# Mad Dog FAILURE - Beyond Livid



## 804 Paint (Jan 31, 2014)

Used Mad Dog Durabuild on an interior today. Lots of peeling paint scraped yada yada. Specs for the customers budget were to scrape what would come off without too much time consumption and leave the rest. 

Lots of areas ended up being scraped down to lead paint. Lots. Some areas were ok and the previous acrylic topcoat was left intact. 

Sprayed two coats of Breakthrough today over the Mad Dog. Everything looked fine. Homeowner just sent me pics. It is alligatoring EVERYWHERE it was stripped down to lead. Everywhere the acrylic coatings were are FINE. 

No idea WTF to do. I mean this sh*t is designed for such applications...or so they say. That’s the entire friggin point. Go on their site. They have an historical renovations showcase. You think none of those were stripped to lead paint??

I’m at the point with this job where I’m about to tell the homeowners there’s nothing I can do you just got a free alligatory trim job. 


Sent from my iPhone using Tapatalk


----------



## PNW Painter (Sep 5, 2013)

Hopefully you’re insured. Sounds like it might be time to talk with your agent about making a claim. 


Sent from my iPhone using Tapatalk


----------



## lilpaintchic (Jul 9, 2014)

804 Paint said:


> Used Mad Dog Durabuild on an interior today. Lots of peeling paint scraped yada yada. Specs for the customers budget were to scrape what would come off without too much time consumption and leave the rest.
> 
> Lots of areas ended up being scraped down to lead paint. Lots.
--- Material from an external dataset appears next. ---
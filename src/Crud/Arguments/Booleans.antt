-- ===== src/Crud/Arguments/Booleans.antt =====
-- What is sent of a `bool` (C/src/dcrud/Arguments.c, C/inc/util/types.h) on a big-endian host.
Some areas were ok and the previous acrylic topcoat was left intact.
> 
> ...


How much dry time between the mad dog and the breakthrough?
As much as I hate to say it, I'm betting the breakthrough shouldve just been self priming, no MD. I'm thinking it's so tenacious that it either pulled the md and the primer coat is cracked OR there was still moisture in it and be ause the BT dries so fast, it dried harder and faster than the md and cracked the finish. Hard to say....just a theory from behind the screen here with no pics.

Solution:
Thick prime rx, peel bond, (insert high build ppg bonding primer here that I cant remember the name of...might even just use their latex undercoater *way cheaper* talk to them about compatability) 2 coats. Hit it with some manor hall satin, get your check and run like hell.

Sent from my SM-N960U using Tapatalk


----------



## 804 Paint (Jan 31, 2014)

lilpaintchic said:


> How much dry time between the mad dog and the breakthrough?
> As much as I hate to say it, I'm betting the breakthrough shouldve just been self priming, no MD. I'm thinking it's so tenacious that it either pulled the md and the primer coat is cracked OR there was still moisture in it and be ause the BT dries so fast, it dried harder and faster than the md and cracked the finish. Hard to say....just a theory from behind the screen here with no pics.
> 
> Solution:
> ...



The reason Mad Dog was used was LOTS OF PEELING PAINT. Mad Dog Dura Build is a high build elastomeric primer. Again, the specs for the job were to scrape away as much peeling paint as would scrape away and not get into sanding stuff that would not scrape off. Think of Mad Dog as being a way to "shrink wrap" the entire substrate (intact topcoat and undercoat) together so the new paint job lasts longer. *If* the specs for the job were to scrap/sand everything down to the original lead coating, I would have just used a latex bonding primer (and certainly woudln't have relied on any finish coat being "self priming" after all that labor.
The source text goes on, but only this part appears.